The linear system (2.7) is stated in compact form as
\begin{equation} \frac{\partial \boldsymbol{q}'}{\partial t} = \mathcal{L}(\boldsymbol{Q})\boldsymbol{q}', \end{equation}
where 
$\mathcal {L}(\boldsymbol {Q})$ is the linearised Navier–Stokes operator. Following Tuckerman & Barkley (Reference Tuckerman and Barkley2000) and Barkley, Blackburn & Sherwin (Reference Barkley, Blackburn and Sherwin2008), the system (2.8) may be reformulated as an eigenvalue problem where 
$\sigma$ and 
$\hat {\boldsymbol {q}}^l$ are the complex-valued eigenvalues and eigenmodes, respectively, and solved iteratively with an Arnoldi method.
In practice, the construction of the subspace in the Arnoldi method amounts to time stepping of the linearised equations (2.7) to obtain each Krylov vector. Following Schmidt et al. (Reference Schmidt, Tammisola, Lesshafft and Oberleithner2021), the equations (2.7) are discretised in Basilisk, similarly to the nonlinear equations. As a consequence, both the nonlinear and linear computations are facilitated using the same numerical schemes and on the same computational grid.
2.3. Flow configuration
The three-dimensional nonlinear and linear equations, (2.1) and (2.7) respectively, are solved in Cartesian coordinates on an octree-discretised grid in a cuboid domain. The total domain edge length is 
$L_{tot} = 128$ and a cylindrical region with 
$0\leqslant z \leqslant Z$ and 
$0 \leqslant r \leqslant R$ is statically refined with a cell edge length of 
$\varDelta = 0.0625$ where 
$Z = 64$ and 
$R = 8$ (the convergence of the employed mesh for the linear and nonlinear analysis is demonstrated in Appendix A).
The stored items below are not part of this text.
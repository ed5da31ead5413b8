-- ===== src/Machine/Execute/Validity.antt =====
-- `Execute` keeps the machine's registers and memory within their widths.
use sicxe.Base.{
  ℕ, ◌+◌, ◌^◌, ◌<◌, ◌≡◌, refl, subst, Option, some, inl, inr, Bool-cases, Option-cases, arith,
}
use sicxe.Isa.{Instruction, Operands, none_f1, of_f2, of_fs34, OperandsFs34}
use sicxe.Isa.Codec.{decode}
use sicxe.Machine.Word.{trim_word, trim_address}
use sicxe.Machine.Word.Laws.{trim_address-lt}
use sicxe.Machine.Memory.{read_memory_word}
use sicxe.Machine.Memory.Laws.{read_memory_word-lt}
use sicxe.Machine.Float.{Fpu}
use sicxe.Machine.Device.{Files}
use sicxe.Machine.State.{
  Machine, Outcome, done, undefined, assertion_failed, ExecuteResult, IsValid, set_program_counter,
  reset,
}
use mathlib.Core.Option.{some-injective}
use sicxe.Machine.Address.{displaced, target_of, calculate_target_address}
use sicxe.Machine.Logic.{Logic, LogicDb}
use sicxe.Machine.Logic.Rules.{After}
use sicxe.Machine.Logic.Validity.{Valid, set_program_counter-IsValid}
use sicxe.Machine.Logic.Validity.Instructions.{execute_logic-IsValid}
use sicxe.Machine.Execute.{
  enable_interrupts, fetch, with_target, restore_counter, execute_decoded, execute, interrupt,
}

-- A machine that was reset is valid, whatever it was before.
pub reset-IsValid : (m : Machine) → IsValid (reset m)
unfolding reset
reset-IsValid m = record {
  counter_fits = omega arith;
  registers_fit = λ r. omega arith;
  float_fits = record { six = refl; bytes_lt = omega arith };
  link_fits = omega arith;
  target_fits = omega arith;
  memory_fits = λ a. omega arith;
}

pub target_of-lt :
    (o : OperandsFs34) (m : Machine) (target : ℕ)
    → IsValid m
    → target_of o m ≡ some target
    → target < 2 ^ 24
unfolding target_of trim_word
target_of-lt o m target v h =
    ground
      (arith, read_memory_word-lt m.memory (trim_address (trim_word (displaced o m))) v.memory_fits)

set_target-IsValid :
    (m : Machine) (target : ℕ)
    → IsValid m
    → target < 2 ^ 24
    → IsValid (record m { cpu = record (m.cpu) { target_address = target } })
set_target-IsValid m target v h = record {
  counter_fits = v.counter_fits;
  registers_fit = v.registers_fit;
  float_fits = v.float_fits;
  link_fits = v.link_fits;
  target_fits = h;
  memory_fits = v.memory_fits;
}

with_target-IsValid :
    (o : Operands) (m m' : Machine) → IsValid m → with_target o m ≡ some m' → IsValid m'
unfolding with_target calculate_target_address
with_target-IsValid none_f1 m m' v h = subst IsValid (some-injective m m' h) v
with_target-IsValid (of_f2 o) m m' v h = subst IsValid (some-injective m m' h) v
with_target-IsValid (of_fs34 o) m m' v h = elim (Option-cases (target_of o m)) [
  | inl e ↦ absurd (let failed = rw (e, calculate_target_address) at h in cc)
  | inr (target, e) ↦
      subst IsValid (some-injective _ m' (rw (e, calculate_target_address) at h))
        (set_target-IsValid m target v (target_of-lt o m target v e))
]

restore_counter-IsValid :
    (counter : ℕ) (outcome : Outcome)
    → counter < 2 ^ 20
    → After Valid outcome
    → After Valid (restore_counter counter outcome)
unfolding restore_counter
restore_counter-IsValid counter (done ExecuteResult.ok m) h v = v
restore_counter-IsValid counter (done _ m) h v = set_program_counter-IsValid m v counter h
restore_counter-IsValid counter undefined h v = tt
restore_counter-IsValid counter assertion_failed h v = tt

enable_interrupts-IsValid : (m : Machine) → IsValid m → IsValid (enable_interrupts m)
unfolding enable_interrupts
enable_interrupts-IsValid m v = elim (Bool-cases m.interrupt_enable_next) [
  | inl e ↦ rw e (record {
    counter_fits = v.counter_fits;
    registers_fit = v.registers_fit;
    float_fits = v.float_fits;
    link_fits = v.link_fits;
    target_fits = v.target_fits;
    memory_fits = v.memory_fits;
  })
  | inr e ↦ simp e v
]

module _ (find_opcode : ℕ → Option Instruction) (logic_db : LogicDb) (fpu : Fpu)
    (files : Files) where
  execute_decoded-IsValid :
      (logic : Logic) (operands : Operands) (length : ℕ) (m : Machine)
      → IsValid m
      → After Valid (execute_decoded find_opcode logic_db fpu files logic operands length m)
  unfolding execute_decoded
  execute_decoded-IsValid logic operands length m v =
      let advanced = set_program_counter (trim_address (m.program_counter + length)) m in
      let ready =
        set_program_counter-IsValid m v (trim_address (m.program_counter + length))
          (trim_address-lt (m.program_counter + length)) in
      elim (Option-cases (with_target operands advanced)) [
        | inl e ↦
            rw (e, After)
              (set_program_counter-IsValid advanced ready m.program_counter v.counter_fits)
        | inr (m', e) ↦
            rw (e, After)
              (restore_counter-IsValid m.program_counter _ v.counter_fits (
                execute_logic-IsValid fpu files m'
                  (with_target-IsValid operands advanced m' ready e) logic operands))
      ]

  -- Whatever `Execute` results in, with whatever tables, the machine is valid if it was before.
  pub execute-IsValid :
      (m : Machine) → IsValid m → After Valid (execute find_opcode logic_db fpu files m)
  unfolding execute
  execute-IsValid m0 v0 =
      let m = enable_interrupts m0 in
      let v = enable_interrupts-IsValid m0 v0 in
      elim (Option-cases (decode find_opcode (fetch m.memory m.program_counter))) [
        | inl e ↦ rw (e, After) v
        | inr ((insn, length), e) ↦ elim (Option-cases (logic_db insn.opcode)) [
          | inl f ↦ rw (e, f, After) v
          | inr (logic, f) ↦
              rw (e, f, After) (execute_decoded-IsValid logic insn.operands length m v)
        ]
      ]

-- An interrupt keeps the machine valid.
pub interrupt-IsValid : (m : Machine) → IsValid m → IsValid (interrupt m)
unfolding interrupt
interrupt-IsValid m v = elim (Bool-cases m.interrupt_enabled) [
  | inl e ↦ rw e (record {
    counter_fits = trim_address-lt (read_memory_word m.memory 0xffffd);
    registers_fit = v.registers_fit;
    float_fits = v.float_fits;
    link_fits = v.counter_fits;
    target_fits = v.target_fits;
    memory_fits = v.memory_fits;
  })
  | inr e ↦ simp e v
]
The domain outside the refined cylinder is successively coarsened and indirectly acts as a sponge layer in downstream direction, by numerically diffusing vorticity and ensuring an approximately vorticity-free outflow. All length scales are non-dimensionalised with respect to the interface position at the inlet as given in (2.10). A schematic view of the domain is provided in figure 1.
Figure 1. Schematic view of the computational domain.
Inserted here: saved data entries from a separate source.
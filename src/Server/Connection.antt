-- ===== src/Server/Connection.antt =====
-- net/server.rs: `read_buffer`, as what a connection reads, one event of its `select` after the
-- other, and the requests that it starts a task for.
pub mod Resume
pub mod Chunks
use rust_data_broker.Prelude.{ℕ, suc, Option, none, some, List, [], ◌∷◌, ◌++◌, length}
use rust_data_broker.Errors.{ErrorCode}
use rust_data_broker.Server.Frame.{Frame, Batch, read_frames}

-- Bytes, with what `get_free_mem_size` gives while they are split, none at the end of the stream; an
-- error of the socket; the notification of `stop_word`.
pub data Event : Type 0 where
  receives : (free : ℕ) (bytes : List ℕ) → Event
  fails : Event
  stops : Event

-- Whether the loop goes on, or how it ended.
pub data Ending : Type 0 where
  reading : Ending
  closed : Ending
  stopped : Ending
  broken : Ending
  given_up : ErrorCode → Ending

-- What comes behind a batch of requests.
unfoldable pub after_batch : Batch → List Frame × Ending → List Frame × Ending
after_batch batch later = elim batch.failure [
  | some code ↦ (batch.frames, given_up code)
  | none ↦ (batch.frames ++ later.0, later.1)
]

unfoldable pub read_buffer : List ℕ → List Event → List Frame × Ending
unfolding after_batch
read_buffer buffer [] = ([], reading)
read_buffer buffer (fails ∷ events) = ([], broken)
read_buffer buffer (stops ∷ events) = ([], stopped)
read_buffer buffer (receives free [] ∷ events) = ([], closed)
read_buffer buffer (receives free (b ∷ bytes) ∷ events) =
    let batch = read_frames (suc (length (buffer ++ b ∷ bytes))) free (buffer ++ b ∷ bytes) in
    after_batch batch (read_buffer batch.rest events)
For the nonlinear flow, the parameterised Grabowski–Berger profile (Grabowski & Berger Reference Grabowski and Berger1976), with the velocity stated in cylindrical coordinates as 
$\boldsymbol {u} = ( u_z, u_r, u_\theta )^{\rm T}$, is given as
\begin{gather} u_z = \begin{cases} \alpha + (1 - \alpha)r^2(6-8r+3r^2) & \text{if}\ r \leqslant 1\\ 1 & \text{if}\ r > 1\end{cases} \end{gather}
\begin{gather}u_\theta = \begin{cases} Sr(2-r^2) & \text{if}\ r \leqslant 1\\ S/r & \text{if}\ r > 1\end{cases} \end{gather}
\begin{gather}u_r = 0, \end{gather}
where 
$S$ is the non-dimensional swirl number which is defined as the azimuthal velocity at 
$r = 1$, relative to the axial free-stream velocity 
$S = u_\theta (r=1)/u_{z,\infty }$. The parameter 
$\alpha$ blends between jet (
$\alpha > 1$) and wake-like (
$\alpha < 1$) profiles of the core region 
$r \leqslant 1$ and is defined as 
$\alpha = u_z (r=0)/u_{z,\infty }$. Throughout this work, we only consider 
$\alpha = 1$, i.e. a constant axial flow profile.
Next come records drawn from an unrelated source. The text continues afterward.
-- ===== src/Server/Frame/Fuel.antt =====
-- net/server.rs: how far the inner loop of `read_buffer` goes.
use rust_data_broker.Prelude.{
  ℕ, zero, suc, ◌+◌, ◌<◌, ◌≤◌, ◌≡◌, refl, inl, inr, ◌⊎◌, Option, none, some, List, [], ◌∷◌, arith,
  Bool-cases, Option-cases, length, drop, ltb, get_or,
}
use rust_data_broker.Errors.{ErrorCode}
use rust_data_broker.Server.Wire.{Request, request_from_u8}
use rust_data_broker.Server.Frame.{
  Frame, Round, incomplete, rejected, request, is_too_large, client_id_of, payload_size_of,
  split_frame, read_frame, read_frames,
}

length-drop_lt : (n : ℕ) (b : List ℕ) → suc n ≤ length b → length (drop (suc n) b) < length b
length-drop_lt n [] h = absurd (omega arith)
length-drop_lt zero (x ∷ b) h = omega arith
length-drop_lt (suc n) (x ∷ b) h = let s = length-drop_lt n b (omega arith) in omega arith

split_frame-shortens :
    (c : Request) (id size : ℕ) (b : List ℕ) (f : Frame) (rest : List ℕ)
    → split_frame c id size b ≡ request f rest
    → length rest < length b
unfolding split_frame
split_frame-shortens c id size b f rest h = elim (Bool-cases (ltb (length b) (size + 89))) [
  | inl e ↦ absurd (ground arith)
  | inr e ↦
      let cut : drop (suc (88 + size)) b ≡ rest = ground arith in
      rw (← cut) (length-drop_lt (88 + size) b (ground arith))
]

pub read_frame-shortens :
    (free : ℕ) (b : List ℕ) (f : Frame) (rest : List ℕ)
    → read_frame free b ≡ request f rest
    → length rest < length b
unfolding read_frame
read_frame-shortens free b f rest h = elim (Bool-cases (ltb (length b) 25)) [
  | inl e ↦ absurd (ground arith)
  | inr e ↦ elim (Option-cases (request_from_u8 (get_or b 0 0))) [
    | inl g ↦ absurd (ground arith)
    | inr (c, g) ↦ elim (Bool-cases (is_too_large free (payload_size_of b))) [
      | inl k ↦ absurd (ground arith)
      | inr k ↦ split_frame-shortens c (client_id_of b) (payload_size_of b) b f rest (ground arith)
    ]
  ]
]

-- The round at which the loop ends, by the error of the batch.
unfoldable pub last_round : Option ErrorCode → Round
last_round none = incomplete
last_round (some code) = rejected code

pub Round-cases :
    (r : Round)
    → (r ≡ incomplete)
      ⊎ (((code : ErrorCode) × (r ≡ rejected code))
          ⊎ ((f : Frame) × (rest : List ℕ) × (r ≡ request f rest)))
Round-cases incomplete = inl refl
Round-cases (rejected code) = inr (inl (code, refl))
Round-cases (request f rest) = inr (inr (f, rest, refl))

-- Given more fuel than there are bytes in the buffer, the loop ends only where what stays in the
-- buffer is too short for a request, if the batch has no error, or is rejected with its error.
pub read_frames-last_round :
    (fuel free : ℕ) (b : List ℕ)
    → length b < fuel
    → let batch = read_frames fuel free b in read_frame free batch.rest ≡ last_round batch.failure
unfolding read_frames last_round
read_frames-last_round zero free b h = absurd (omega arith)
read_frames-last_round (suc fuel) free b h = elim (Round-cases (read_frame free b)) [
  | inl e ↦ rw (e, read_frames) e
  | inr (inl (code, e)) ↦ rw (e, read_frames) e
  | inr (inr (f, rest, e)) ↦
      let shorter = read_frame-shortens free b f rest e in
      rw (e, read_frames) (read_frames-last_round fuel free rest (omega arith))
]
The Grabowski–Berger profile was initially introduced for single-phase flow, so the extension to interfacial flow requires the definition of an interface position at the inlet 
$R_{{in}}$. Derived from the parameterisation of the 
$u_z$ component, a natural choice is the radial limit of the inner core region at 
$R_{{in}} = 1$. However, different choices of 
$R_{{in}}$ will be assessed in § 3. Consequently, we define the following profiles for the volume fraction 
$c$, as well as for a LS-like passive scalar 
$\phi$, that is co-advected alongside 
$c$:
\begin{equation} c = \begin{cases} 0 & \text{if}\ r \leqslant R_{{in}}\\ 1 & \text{if}\ r > R_{{in}}\end{cases},\quad \phi = r-R_{{in}}. \end{equation} The profile is prescribed in Cartesian coordinates at the inlet 
$\varOmega _1$, located on the left-hand side of the domain. Previous studies (e.g. Ruith et al. Reference Ruith, Chen, Meiburg and Maxworthy2003; Ruith, Chen & Meiburg Reference Ruith, Chen and Meiburg2004) have discussed the sensitivity of lateral and outflow boundary conditions on the dynamics of laminar swirling flows. Therein, convective boundary conditions are advocated to avoid reflections at the boundaries that affect the flow in the interior of the domain. However, given the grid coarsening in downstream direction for 
$z > 64$ and 
$r > 8$, in combination with a sufficiently large total domain size, we have found it sufficient to employ a standard outflow condition
\begin{equation} \partial \boldsymbol{q}/\partial \boldsymbol{n}_\varOmega = 0, \quad p = 0, \end{equation}
imposed on the right-hand side boundary of the domain 
$\varOmega _2$ where 
$\boldsymbol {n}_\varOmega$ is the unit normal vector at the domain boundary. On the lateral domain boundaries 
$\varOmega _3$ we employ symmetry conditions
\begin{equation} \boldsymbol{u} \boldsymbol{{\cdot}} \boldsymbol{n}_\varOmega = 0, \quad \partial \psi/\partial \boldsymbol{n}_\varOmega = 0, \quad \partial (\boldsymbol{u} \boldsymbol{{\cdot}} \boldsymbol{t}_\varOmega)/\partial \boldsymbol{n}_\varOmega = 0, \end{equation}
where 
$\boldsymbol {t}_\varOmega$ is the unit tangent vector.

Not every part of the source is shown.